Beloved pianist, composer, educator Geri Allen joins the ancestors

Geri Allen

Hours after the social media was abuzz on Tuesday, June 27, that Geri Allen was ailing, the gifted pianist, composer, and educator was dead. According to her brother, her publicist and her manager Ora Harris, Allen had been battling cancer, and many of her fans knew the end was near when it was reported that her vital organs no longer functioned.
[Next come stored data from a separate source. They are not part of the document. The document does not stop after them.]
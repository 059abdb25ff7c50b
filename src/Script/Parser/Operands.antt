-- ===== src/Script/Parser/Operands.antt =====
-- internal/script/parser.go: the levels from `parseUnary` up to `parseAssign` keep the promise.
use laskah.Prelude.{
  ℕ, zero, suc, ◌+◌, ◌≤◌, ◌≡◌, refl, true, false, Option, none, some, List, find, In, find→In,
  Bool-cases, inl, inr, arith,
}
use laskah.Prelude.Text.{Text, codes}
use laskah.Script.Outcome.{ok, then_do, Yields, value, Yields-then, Yields-if, Yields-map}
use laskah.Script.Lexer.{Reader, is_eof_kind, weight}
use laskah.Script.Syntax.{Node, binary, logical}
use laskah.Script.Parser.{Parser, Parse, Again, cur_kind, count_node, is_punct, moved}
use laskah.Script.Parser.Operators.{
  is_unary, kind_text, parse_prefix, parse_unary, level_loop, parse_level, parse_multiplicative,
  parse_additive, parse_relational, parse_equality, parse_logical_and, parse_logical_or,
}
use laskah.Script.Parser.Sizes.{node_size, NodeIsClean}
use laskah.Script.Parser.Reads.{
  Good, Reads, moved-Reads, weight-positive, count_node-Reads, punct_is→token, word_is→token,
  ReadsNode, IsSound,
}
use laskah.Script.Parser.Levels.{parse_postfix-Reads}

module _ {R : Type 0} (u : Reader R) (f : ℕ) (r : Again R) (s : IsSound f r) where
  is_unary→token : (p : Parser R) → is_unary u p ≡ true → is_eof_kind (cur_kind p) ≡ false
  is_unary→token p e = elim (Bool-cases (is_punct (codes "!") p)) [
    | inl w ↦ punct_is→token (codes "!") (cur_kind p) w
    | inr w ↦ elim (Bool-cases (is_punct (codes "-") p)) [
      | inl w' ↦ punct_is→token (codes "-") (cur_kind p) w'
      | inr w' ↦ elim (Bool-cases (is_punct (codes "+") p)) [
        | inl v ↦ punct_is→token (codes "+") (cur_kind p) v
        | inr v ↦ word_is→token (codes "typeof") (cur_kind p) (rw (w, w', v) at e)
      ]
    ]
  ]

  parse_prefix-Reads :
      (op : Text) (p : Parser R)
      → Good p
      → is_eof_kind (cur_kind p) ≡ false
      → weight p.tokens ≤ suc f
      → Yields (ReadsNode p) (parse_prefix u op r p)
  unfolding parse_prefix node_size NodeIsClean
  parse_prefix-Reads op p g e b =
      let h = moved-Reads p g e in
      Yields-then (s.unary_lem (moved p) h.good (omega arith)) λ (arg, p₁) h₁.
        Yields-then (count_node-Reads p₁ h₁.0.good) λ (_, p₂) h₂.
          value (record { good = h₂.good; shorter = omega arith; counted = omega arith }, h₁.1)

  pub parse_unary-Reads :
      (p : Parser R) → Good p → weight p.tokens ≤ suc f → Yields (ReadsNode p) (parse_unary u r p)
  unfolding parse_unary
  parse_unary-Reads p g b =
      Yields-if (is_unary u p)
        (λ e. parse_prefix-Reads (kind_text u (cur_kind p)) p g (is_unary→token p e) b)
        (λ _. parse_postfix-Reads u f r s p g b)

  -- A level makes one node of two.
  abbrev Makes : (Text → Node R → Node R → Node R) → Type 0
  Makes make =
      (op : Text) (left right : Node R)
      → (node_size (make op left right) ≡ suc (node_size left + node_size right))
        × (NodeIsClean left → NodeIsClean right → NodeIsClean (make op left right))

  binary-Makes : Makes binary
  unfolding node_size NodeIsClean
  binary-Makes op left right = (refl, λ c d. (c, d))

  logical-Makes : Makes logical
  unfolding node_size NodeIsClean
  logical-Makes op left right = (refl, λ c d. (c, d))

  abbrev ReadsAll : Parse R (Node R) → Type 0
  ReadsAll next = (p : Parser R) → Good p → weight p.tokens ≤ suc f → Yields (ReadsNode p) (next p)

  level_loop-Reads :
      (n : ℕ) (make : Text → Node R → Node R → Node R) (ops : List Text) (next : Parse R (Node R))
      (left : Node R) (p : Parser R)
      → Makes make
      → ReadsAll next
      → NodeIsClean left
      → Good p
      → weight p.tokens ≤ n
      → weight p.tokens ≤ suc f
      → Yields
          (λ (x : Node R × Parser R).
            Reads 0 (node_size x.0) (node_size left) p x.1 × NodeIsClean x.0)
          (level_loop u n make ops next left p)
  unfolding level_loop
  level_loop-Reads zero make ops next left p mk nx c g w b =
      absurd (omega (arith, weight-positive p g))
  level_loop-Reads (suc n) make ops next left p mk nx c g w b =
      from (find (λ op. is_punct op p) ops) (λ op. find→In (λ op'. is_punct op' p) ops)
        (λ left' p' c' g' w' b'. level_loop-Reads n make ops next left' p' mk nx c' g' w' b')
    where
      from :
          (o : Option Text)
          → ((op : Text) → o ≡ some op → In op ops × (is_punct op p ≡ true))
          → ((left' : Node R) (p' : Parser R)
              → NodeIsClean left'
              → Good p'
              → weight p'.tokens ≤ n
              → weight p'.tokens ≤ suc f
              → Yields
                  (λ (x : Node R × Parser R).
                    Reads 0 (node_size x.0) (node_size left') p' x.1 × NodeIsClean x.0)
                  (level_loop u n make ops next left' p'))
          → Yields
              (λ (x : Node R × Parser R).
                Reads 0 (node_size x.0) (node_size left) p x.1 × NodeIsClean x.0)
              (elim o [
                | none ↦ ok (left, p)
                | some op ↦ then_do (next (moved p)) λ (right, p').
                    then_do
                      (count_node p')
                      λ (_, p''). level_loop u n make ops next (make op left right) p''
              ])
      from none k ih = value (record { good = g; shorter = omega arith; counted = omega arith }, c)
      from (some op) k ih =
          let h = moved-Reads p g (punct_is→token op (cur_kind p) (k op refl).1) in
          Yields-then (nx (moved p) h.good (omega arith)) λ (right, p₁) h₁.
            Yields-then (count_node-Reads p₁ h₁.0.good) λ (_, p₂) h₂.
              Yields-map
                (λ x q. (
                  record {
                    good = q.0.good;
                    shorter = omega arith;
                    counted = omega (arith, (mk op left right).0);
                  },
                  q.1,
                ))
                (ih (make op left right) p₂ ((mk op left right).1 c h₁.1) h₂.good (omega arith)
                  (omega arith))

  parse_level-Reads :
      (make : Text → Node R → Node R → Node R) (ops : List Text) (next : Parse R (Node R))
      → Makes make
      → ReadsAll next
      → ReadsAll (parse_level u make ops next)
  unfolding parse_level
  parse_level-Reads make ops next mk nx p g b = Yields-then (nx p g b) λ (left, p₁) h₁.
      Yields-map
        (λ x q. (record { good = q.0.good; shorter = omega arith; counted = omega arith }, q.1))
        (level_loop-Reads (suc (weight p₁.tokens)) make ops next left p₁ mk nx h₁.1 h₁.0.good
          (omega arith) (omega arith))

  parse_multiplicative-Reads : ReadsAll (parse_multiplicative u r)
  unfolding parse_multiplicative
  parse_multiplicative-Reads = parse_level-Reads binary _ _ binary-Makes parse_unary-Reads

  parse_additive-Reads : ReadsAll (parse_additive u r)
  unfolding parse_additive
  parse_additive-Reads = parse_level-Reads binary _ _ binary-Makes parse_multiplicative-Reads

  parse_relational-Reads : ReadsAll (parse_relational u r)
  unfolding parse_relational
  parse_relational-Reads = parse_level-Reads binary _ _ binary-Makes parse_additive-Reads

  parse_equality-Reads : ReadsAll (parse_equality u r)
  unfolding parse_equality
  parse_equality-Reads = parse_level-Reads binary _ _ binary-Makes parse_relational-Reads

  parse_logical_and-Reads : ReadsAll (parse_logical_and u r)
  unfolding parse_logical_and
  parse_logical_and-Reads = parse_level-Reads logical _ _ logical-Makes parse_equality-Reads

  pub parse_logical_or-Reads : ReadsAll (parse_logical_or u r)
  unfolding parse_logical_or
  parse_logical_or-Reads = parse_level-Reads logical _ _ logical-Makes parse_logical_and-Reads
She expired in a Philadelphia hospital.
What did function right to her final notes was a boundless creativity, one that allowed her to explore in her 60 years a vast array of musical genres and concepts, none more essential than the bebop foundation forged in Detroit.
Already the flood of obituaries and remembrances are flowing, and rightfully so for a musician born in Pontiac on June 12, 1957, nurtured in the corridors of Cass Tech, and mentored by such formidable teachers as Harold McKinney, Kenn Cox, and the inimitable Marcus Belgrave.
I first met Geri when she began studying at the Jazz Development Workshop and the Detroit Metro Arts Complex, where Belgrave and McKinney burnished the fundamentals she had acquired at Cass Tech and later at the Detroit Conservatory of Music. At that time, still a teenager, she was quiet, introspective, preferring to let her prowess at the keyboard speak for her.
Allen said she first met Marcus through Marilyn Jones, “the wonderful choral director and flutist, who took it upon herself to establish a Jazz Ensemble at Cass Technical High School in the 70s.” Marcus, she told the Kresge Foundation, came the year after Donald Byrd as artist-in-residence, “and this is how the musical journey began.”
GERI ALLEN, organizer and pianist (Photo by J.L. Martello)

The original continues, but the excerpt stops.